ABD'deki Trump seçmenleri, bazen bana bunu çağrıştırıyor.
"Fareli Köyün Kavalcısı" sendromu elbette yalnızca ABD'ye özgü bir durum değil.
Pek çok başka ülkede, uzağınız veya yakınınızdaki insanlarda da benzer örnekler görebilirsiniz.
Burada altını çizmek istediğim şey, bazen aklın saf dışı kalması hali. Komplolar o zaman zirve yapıyor.
Komplo kurgularına inanma eğiliminin altında, özellikle tarihin krizli dönemlerinde ortaya çıkan, anlaşılması zor durumlara kestirme açıklamalar getirmek arzusunun rol oynadığı, genel kabul gören bir tez.
Bu eğilim, toplumsal ayrışmanın arttığı dönemlerde daha da yükseliyor.
— / —
Komplo kurgularının ortak yönlerini araştıran çalışmalara değinerek bu akışı bitireyim.
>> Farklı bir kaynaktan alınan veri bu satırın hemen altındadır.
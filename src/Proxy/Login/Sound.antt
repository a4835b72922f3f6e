-- ===== src/Proxy/Login/Sound.antt =====
-- src/proxy/mod.rs: what a login that `handle_login` grants has shown.
use zero_trust_proxy.Common.{
  ◌≡◌, ◌≢◌, refl, sym, ap, subst, suc, ◌∙◌, String, Bool, true, false, not, ◌&&◌, Option, none,
  some, arith, inl, inr, if◌then◌else◌, Bool-cases, Option-cases, is_some,
}
use zero_trust_proxy.Error.{internal_error, ok, ok_or, authentication_failed, Result-cases}
use zero_trust_proxy.Db.{
  UserRow, DeviceRow, find_user_by_username, upsert_device, find_device_by_fingerprint,
}
use zero_trust_proxy.World.{World, statement, lift, utc_now, new_uuid}
use zero_trust_proxy.World.Monad.{bind-answer, ok_or-inv}
use zero_trust_proxy.Auth.Device.{
  DeviceFingerprint, increase_trust, decrease_trust, update_last_seen,
}
use zero_trust_proxy.Auth.Device
use zero_trust_proxy.Common.Int.{ℤ, pos}
use zero_trust_proxy.Clock.{DateTime}
use zero_trust_proxy.Proxy.RateLimit.{check_rate_limit}
use zero_trust_proxy.Auth.Mfa
use zero_trust_proxy.Auth.Mfa.{verify_token}
use zero_trust_proxy.Auth.Password.{verify_password}
use zero_trust_proxy.Risk.{IpAddr, RiskScore}
use zero_trust_proxy.Proxy.Server.{Platform, Request, ProxyServer, header_or, no_metadata}
use zero_trust_proxy.Proxy.Bodies.{LoginBody, LoginResponse}
use zero_trust_proxy.Proxy.Login.{
  second_factor, accept_password, login_user, handle_login, open_session, score_login, check_code,
  reject_password, adopt, active, entry, is_block, start_session,
}

active-inv :
    (found : Option UserRow) (user : UserRow)
    → active found ≡ some user
    → (found ≡ some user) × (user.is_active ≡ true)
active-inv none user h = absurd (ground arith)
active-inv (some u) user h = (ground arith, ground arith)

module _ {Store F : Type 0} (p : Platform Store F) (server : ProxyServer) (remote : IpAddr) where
  -- A code has been given that verifies against the secret of the user at an instant.
  pub SecondFactor : LoginBody → UserRow → DateTime → Type 0
  SecondFactor body user now =
      (secret : String) × (token : String) × (user.mfa_secret ≡ some secret)
      × (body.mfa_token ≡ some token)
      × (p.totp.check_current Mfa.default.digits Mfa.default.step secret token now ≡ ok true)

  -- The user is read once the rate limit has passed, and the code is checked at the third reading of
  -- the clock.
  pub record LoggedIn (req : Request) (reply : LoginResponse) (w : World Store) : Type 0 where
    pub text : String
    pub read : req.body ≡ some text
    pub body : LoginBody
    pub parsed : p.bodies.parse_login text ≡ some body
    pub user : UserRow
    pub w0 : World Store
    pub counted : check_rate_limit p.redis p.texts remote "login" (pos 10) (pos 300) w ≡ (ok tt, w0)
    pub found : (statement (find_user_by_username body.username) w0).0 ≡ ok (some user)
    pub active : user.is_active ≡ true
    pub password : verify_password p.argon2 body.password user.password_hash ≡ ok true
    pub factor : user.mfa_enabled ≡ true → SecondFactor body user (w.clock (suc (suc w.readings)))
    pub nothing_left : reply.mfa_required ≡ false

  verify_token-current :
      (secret token : String) (w : World Store)
      → (verify_token p.totp Mfa.default secret token w).0 ≡ ok true
      → p.totp.check_current Mfa.default.digits Mfa.default.step secret token (w.clock w.readings)
        ≡ ok true
  unfolding verify_token utc_now
  verify_token-current secret token w h =
      elim (Result-cases (p.totp.new Mfa.default.digits Mfa.default.step secret)) [
        | inr (e, q) ↦ absurd (ground arith)
        | inl (made, q) ↦
            elim (Result-cases (
              p.totp.check_current Mfa.default.digits Mfa.default.step secret token
                (w.clock w.readings))) [
                  | inr (e, r) ↦ absurd (ground arith)
                  | inl (b, r) ↦ ground arith
                ]
      ]

  check_code_sound :
      (body : LoginBody) (user : UserRow) (secret : String) (given : Option String)
      (w : World Store) (verified : Bool)
      → user.mfa_secret ≡ some secret
      → body.mfa_token ≡ given
      → (check_code p server remote secret given w).0 ≡ ok verified
      → (verified ≡ true) × SecondFactor body user (w.clock w.readings)
  unfolding SecondFactor
  check_code_sound body user secret none w verified q r h = absurd (ground arith)
  check_code_sound body user secret (some token) w verified q r h =
      elim (Result-cases (verify_token p.totp Mfa.default secret token w).0) [
        | inr (e, v) ↦ absurd (ground arith)
        | inl (b, v) ↦ (
          ground arith,
          (secret, token, q, r, verify_token-current secret token w (ground arith)),
        )
      ]

  second_factor_sound :
      (body : LoginBody) (user : UserRow) (w : World Store) (verified : Bool)
      → (second_factor p server remote body user w).0 ≡ ok verified
      → (verified ≡ user.mfa_enabled)
        × (user.mfa_enabled ≡ true → SecondFactor body user (w.clock w.readings))
  unfolding second_factor
  second_factor_sound body user w verified h = elim (Bool-cases user.mfa_enabled) [
    | inr e ↦ (ground arith, λ t. absurd (ground arith))
    | inl e ↦ elim (Option-cases user.mfa_secret) [
      | inl q ↦ absurd (ground arith)
      | inr (secret, q) ↦
          let (v, factor) =
            check_code_sound body user secret body.mfa_token w verified q refl (ground arith) in
          (ground arith, λ t. factor)
    ]
  ]

  open_session_reply :
      (body : LoginBody) (user : UserRow) (agent : String) (verified : Bool) (risk : RiskScore)
      (w : World Store) (reply : LoginResponse)
      → (open_session p server remote body user agent verified risk w).0 ≡ ok reply
      → reply.mfa_required ≡ (user.mfa_enabled && not verified)
  unfolding open_session
  open_session_reply body user agent verified risk w reply h =
      let (token, w1, _, h1) =
        bind-answer (start_session p server remote body user agent verified risk w) _ h in
      ground arith

  accept_password_sound :
      (body : LoginBody) (user : UserRow) (agent : String) (existing : Option DeviceRow)
      (device : DeviceFingerprint) (w : World Store) (reply : LoginResponse)
      → (accept_password p server remote body user agent existing device w).0 ≡ ok reply
      → (user.mfa_enabled ≡ true → SecondFactor body user (w.clock w.readings))
        × (reply.mfa_required ≡ false)
  unfolding accept_password
  accept_password_sound body user agent existing device w reply h =
      let (verified, w1, q1, h1) = bind-answer (second_factor p server remote body user w) _ h in
      let (on, factor) = second_factor_sound body user w verified (ap (λ r. r.0) q1) in
      let known = if is_some existing then increase_trust device 10 else device in
      let (now, w2, _, h2) = bind-answer (utc_now w1) _ h1 in
      let seen = update_last_seen known now in
      let (_, w3, _, h3) =
        bind-answer (statement (upsert_device (entry p server remote user seen)) w2) _ h2 in
      let (risk, w4, _, h4) = bind-answer (score_login p server remote user seen w3) _ h3 in
      elim (Bool-cases (is_block risk.recommendation)) [
        | inl e ↦ absurd (ground arith)
        | inr e ↦
            let reply_mfa =
              open_session_reply body user agent verified risk w4 reply (ground arith) in
            (factor, ground arith)
      ]

  reject_password_fails :
      (body : LoginBody) (user : UserRow) (device : DeviceFingerprint) (w : World Store)
      (reply : LoginResponse)
      → (reject_password p server remote body user device w).0 ≢ ok reply
  unfolding reject_password
  reject_password_fails body user device w reply h =
      let distrusted = decrease_trust device 15 in
      let (_, w1, _, h1) =
        bind-answer (statement (upsert_device (entry p server remote user distrusted)) w) _ h in
      ground arith

  -- A drawn UUID and two readings of the clock.
  third_reading :
      (w : World Store) (id : String) (w1 : World Store) (first : DateTime) (w2 : World Store)
      (last : DateTime) (w3 : World Store)
      → new_uuid w ≡ (ok id, w1)
      → utc_now w1 ≡ (ok first, w2)
      → utc_now w2 ≡ (ok last, w3)
      → w.clock (suc (suc w.readings)) ≡ w3.clock w3.readings
  unfolding utc_now new_uuid
  third_reading w id w1 first w2 last w3 q1 q2 q3 =
      ap (λ r. r.1.clock (suc (suc r.1.readings))) q1
      ∙ ap (λ r. r.1.clock (suc r.1.readings)) q2
      ∙ ap (λ r. r.1.clock r.1.readings) q3

  login_user_sound :
      (body : LoginBody) (user : UserRow) (agent : String) (w : World Store) (reply : LoginResponse)
      → (login_user p server remote body user agent w).0 ≡ ok reply
      → (verify_password p.argon2 body.password user.password_hash ≡ ok true)
        × (user.mfa_enabled ≡ true → SecondFactor body user (w.clock (suc (suc w.readings))))
        × (reply.mfa_required ≡ false)
  unfolding login_user
  login_user_sound body user agent w reply h =
      let (id, w1, q1, h1) = bind-answer (new_uuid w) _ h in
      let (first, w2, q2, h2) = bind-answer (utc_now w1) _ h1 in
      let (last, w3, q3, h3) = bind-answer (utc_now w2) _ h2 in
      let device =
        Device.new p.sha256 id first last user.id agent (p.texts.show_ip remote) no_metadata in
      let (existing, w4, q4, h4) =
        bind-answer (statement (find_device_by_fingerprint user.id device.fingerprint_hash) w3) _
          h3 in
      let (matches, w5, q, h5) =
        bind-answer (lift (verify_password p.argon2 body.password user.password_hash) w4) _ h4 in
      elim (Bool-cases matches) [
        | inr t ↦
            absurd (reject_password_fails body user (adopt existing device) w5 reply (ground arith))
        | inl t ↦
            let (factor, nothing_left) =
              accept_password_sound body user agent existing (adopt existing device) w5 reply
                (ground arith) in
            let now = sym (
              third_reading w id w1 first w2 last w3 q1 q2 q3
              ∙ ap (λ r. r.1.clock r.1.readings) q4
              ∙ ap (λ r. r.1.clock r.1.readings) q) in
            (
              ap (λ r. r.0) q ∙ ap (λ b. ok b) t,
              λ on. subst (SecondFactor body user) now (factor on),
              nothing_left,
            )
      ]

  -- The rate limit does not look at the clock.
  check_rate_limit-clock :
      (bucket : String) (limit window : ℤ) (w : World Store)
      → let w' = (check_rate_limit p.redis p.texts remote bucket limit window w).1 in
        w.clock (suc (suc w.readings)) ≡ w'.clock (suc (suc w'.readings))
  unfolding check_rate_limit
  check_rate_limit-clock bucket limit window w = ground arith

  -- A login that is granted has passed the rate limit and named a user who is active right after it,
  -- with the right password and, if the user has enrolled a second factor, with a code that verifies
  -- against the secret at the third reading of the clock; the reply asks for no further factor.
  pub handle_login_sound :
      (req : Request) (w : World Store) (reply : LoginResponse)
      → (handle_login p server remote req w).0 ≡ ok reply
      → LoggedIn req reply w
  unfolding handle_login
  handle_login_sound req w reply h =
      let (_, w1, counted, h1) =
        bind-answer (check_rate_limit p.redis p.texts remote "login" (pos 10) (pos 300) w) _ h in
      let agent = header_or "user-agent" "unknown" req.headers in
      let (text, w2, read, h2) = bind-answer (lift (ok_or req.body internal_error) w1) _ h1 in
      let (body, w3, parsed, h3) =
        bind-answer
          (lift (ok_or (p.bodies.parse_login text) (authentication_failed "invalid request body"))
            w2)
          _ h2 in
      let (found, w4, looked, h4) =
        bind-answer (statement (find_user_by_username body.username) w3) _ h3 in
      let (user, w5, live, h5) =
        bind-answer (lift (ok_or (active found) (authentication_failed "invalid credentials")) w4) _
          h4 in
      let (same, is_live) = active-inv found user (ok_or-inv _ _ live) in
      let (password, factor, nothing_left) = login_user_sound body user agent w5 reply h5 in
      let first = ap (λ r. r.1) read in
      let second = first ∙ ap (λ r. r.1) parsed in
      let third =
        ap (λ r. r.1.clock (suc (suc r.1.readings))) looked
        ∙ ap (λ r. r.1.clock (suc (suc r.1.readings))) live in
      let now = sym (
        check_rate_limit-clock "login" (pos 10) (pos 300) w
        ∙ ap (λ r. r.1.clock (suc (suc r.1.readings))) counted
        ∙ ap (λ v. v.clock (suc (suc v.readings))) second
        ∙ third) in
      record {
        text = text;
        read = ok_or-inv _ _ read;
        body = body;
        parsed = ok_or-inv _ _ parsed;
        user = user;
        w0 = w1;
        counted = counted;
        found =
            ap (λ v. (statement (find_user_by_username body.username) v).0) second
            ∙ ap (λ r. r.0) looked
            ∙ ap (λ o. ok o) same;
        active = is_live;
        password = password;
        factor = λ on. subst (SecondFactor body user) now (factor on);
        nothing_left = nothing_left;
      }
En sonda, bir de, cevabına yeterince vakıf olmadığım, komplo kurgularının siyasetteki yeriyle ilgili bir soru var.
Komplo kurgularında, bir yandan tarihsel döneme ve ülkelerin kültürel kodlarına göreceli farklılıklar olsa da, hepsine görülen ortak yönler bulmak da mümkün.
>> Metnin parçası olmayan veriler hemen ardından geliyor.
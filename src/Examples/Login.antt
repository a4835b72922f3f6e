-- ===== src/Examples/Login.antt =====
-- A login at a concrete request.
use zero_trust_proxy.Common.{◌≡◌, ◌≤◌, ◌≢◌, refl, none, some, true, false, [], ◌∷◌}
use zero_trust_proxy.Config.{default}
use zero_trust_proxy.Db.{
  find_user_by_username, UserRow, find_device_by_fingerprint, upsert_device, find_row,
}
use zero_trust_proxy.Error.{ok}
use zero_trust_proxy.World.{World, utc_now, new_uuid}
use zero_trust_proxy.Common.Int.{pos, ◌-ℤ◌, ◌+ℤ◌, scale, tdiv, fdiv, fmod}
use zero_trust_proxy.Common.Text.{show_ℕ, contains}
use zero_trust_proxy.Auth.Device
use zero_trust_proxy.Auth.Mfa.{verify_token}
use zero_trust_proxy.Auth.Password.{verify_password}
use zero_trust_proxy.Auth.Session
use zero_trust_proxy.Auth.Session.{create_session, update_session}
use zero_trust_proxy.Auth.Jwt.{generate_token}
use zero_trust_proxy.Risk
use zero_trust_proxy.Auth.Device.{DeviceFingerprint}
use zero_trust_proxy.Proxy.Login.Ceiling.{default_login_risk-block}
use zero_trust_proxy.Risk.{
  RiskScore, medium, step_up_auth, block, calculate_risk, calculate_device_risk, calculate_geo_risk,
  calculate_failed_attempts_risk, calculate_time_risk, calculate_ip_change_risk,
  calculate_session_age_risk, device_factor, attempts_factor, session_factor, all_factors, tally,
  risk_level, recommend,
}
use zero_trust_proxy.Proxy.Bodies.{LoginResponse}
use zero_trust_proxy.Proxy.Server.{Request, new, no_metadata}
use zero_trust_proxy.Proxy.Login.{
  handle_login, login_user, accept_password, second_factor, open_session, start_session,
  score_login, login_context,
}
use zero_trust_proxy.Proxy.Login.Sound.{LoggedIn, handle_login_sound}
use zero_trust_proxy.Proxy.RateLimit.{check_rate_limit}
use zero_trust_proxy.Examples.Store.{Pairs, redis}
use zero_trust_proxy.Examples.Fixtures.{lenient, platform, remote, world, sha256}

abbrev pub alice : UserRow
alice = record {
  id = "alice";
  username = "alice";
  email = "a@b.c";
  password_hash = "pass";
  mfa_enabled = true;
  mfa_secret = some "123456";
  is_active = true;
}

abbrev pub login_world : World Pairs
login_world = record world {
  db = record {
    tables = record { users = alice ∷ []; devices = []; audit_log = [] };
    statements = 0;
    outages = λ n. none;
    generated = λ n. "g";
  };
}

abbrev login_request : Request
login_request = record {
  method = "POST";
  path = "/auth/login";
  path_and_query = some "/auth/login";
  headers = [];
  body = some "pass";
}

abbrev login_reply : LoginResponse
login_reply = record {
  access_token = "a token";
  token_type = "Bearer";
  expires_in = pos 86400;
  mfa_required = false;
}

login_run :
    (handle_login lenient (new (default (λ name. none))) remote login_request login_world).0
    ≡ ok login_reply
unfolding lenient handle_login login_user accept_password second_factor open_session start_session
    score_login login_context check_rate_limit verify_token verify_password create_session
    update_session generate_token find_user_by_username find_device_by_fingerprint upsert_device
    calculate_risk calculate_device_risk calculate_geo_risk calculate_failed_attempts_risk
    calculate_time_risk calculate_ip_change_risk calculate_session_age_risk device_factor
    attempts_factor session_factor all_factors tally risk_level recommend Device.new
    Device.parse_user_agent Device.generate_hash platform sha256 new default Risk.new utc_now
    new_uuid ◌-ℤ◌ tdiv fdiv fmod show_ℕ contains redis find_row Device.update_last_seen Session.new
    ◌+ℤ◌ scale
login_run = refl

handle_login_sound_example :
    LoggedIn lenient (new (default (λ name. none))) remote login_request login_reply login_world
handle_login_sound_example =
    handle_login_sound lenient (new (default (λ name. none))) remote login_request login_world
      login_reply login_run

abbrev laptop : DeviceFingerprint
laptop = record {
  id = "u0";
  user_id = "alice";
  fingerprint_hash = "f0";
  user_agent = "unknown";
  platform = "Unknown";
  browser = "Unknown";
  ip_address = "10.0.0.1";
  metadata = no_metadata;
  first_seen = pos 129600000000000;
  last_seen = pos 129600000000000;
  trust_score = 0;
  is_trusted = false;
}

-- A device that has lost all trust, at noon.
abbrev distrusted_score : RiskScore
distrusted_score = record {
  total_score = 60;
  factors =
      record { name = "Device Trust"; score = 60; description = "Device trust score: 0" } ∷ [];
  level = medium;
  recommendation = step_up_auth;
}

score_run :
    (score_login lenient (new (default (λ name. none))) remote alice laptop login_world).0
    ≡ ok distrusted_score
unfolding lenient score_login login_context calculate_risk calculate_device_risk calculate_geo_risk
    calculate_failed_attempts_risk calculate_time_risk calculate_ip_change_risk
    calculate_session_age_risk device_factor attempts_factor session_factor all_factors tally
    risk_level recommend platform new default Risk.new utc_now ◌-ℤ◌ tdiv fdiv fmod show_ℕ
score_run = refl

default_login_risk-block_example :
    (distrusted_score.total_score ≤ 75) × (distrusted_score.recommendation ≢ block)
default_login_risk-block_example =
    default_login_risk-block lenient (λ name. none) remote alice laptop login_world distrusted_score
      score_run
Önce farklılıklardan başlayayım.
Bugün gündem olan komplolarla, önceki yüzyılın komploları, birbirinden farklı.
ABD'de çok yaygın olan "aya insan ayağı değmedi" kurgusu, haliyle, 1969'dan önce söz konusu değildi.
Türkiye'nin, İngiltere'nin, ABD'nin, Afrika ülkelerinin komplo kurgularının odakları da farklı.
Örneğin, The Guardian gazetesinde yayımlanan bir çalışmaya göre, İngiltere halkının %60'ı, ülkelerinin yönetimiyle ilgili en az bir komploya inanıyor. (Uzaylılardan aşılara kadar uzanan bir yelpazede pek çok başka komplo kurgusu da var.)
Bu oran, Brexit taraftarları arasında daha yüksek.
Study shows 60% of Britons believe in conspiracy theories
(Bu “muhafazkar sağ seçmen”le ilgili bulguyu not edelim, birazdan değineceğim.)
— / —
ABD'de ise komplo kurgularından geçilmiyor; hemen her konuda bir komplo anlatısına rastlamak mümkün.
Hatta, merak edenler için, alfabetik sırayla dizilmiş komplo kurguları ansiklopedileri bulmak bile mümkün.
— / —
Komplo kurguları konu açısından büyük çeşitlilik gösterse de, ortak noktalara sahipler.
Örneğin:
- Tehdit unsuru ve kötü niyet içeren gizlilik özelliği.
- Büyük çaplı ve keskin siyah-beyaz iddialar olmaları.
- Sıkça kendi dışındaki her şeye "algı operasyonu" atfında bulunmaları.
Bu konuya ileride "Sahte Haber" konusunu ele aldığımızda yeniden ve daha ayrıntılı olarak eğileceğim.
— / —
Şimdi işin siyasetle ilgili olan ve cevabını yeterince açıklıkla veremediğim kısmına geleyim.
Komplo kurguları daha ziyade sağ siyasi görüş içinde kendine yer buluyor.
Neden?
Bu alandaki klasik kaynaklardan birisi, iki Pulitzer ödüllü ABD'li tarihçi Richard Hofstadter'in muhafazakâr Amerikan sağ siyaseti üzerine yazdığı pek çok makale arasında yer alan "The Paranoid Style in American Politics" (Amerikan Siyasetinde Paranoid Tarz) başlıklı makaledir.
Komplo kurguları serisine son vermeden önce, siyaset yapma biçimlerinin ve sağ-sol ayrımının, komplo eğilimlerine ev sahipliği yapma konusundaki farklılığına yeniden gelmek istiyorum.
O zamana kadar, aklımdaki yarı-oluşmuş fikirler de belki biraz daha netleşmiş olur.
— / —
Gelecek hafta, konuya evrimsel biyoloji açısından ve ana dil öğrenme sürecini bir örnek olarak ele alarak, devam edeceğiz.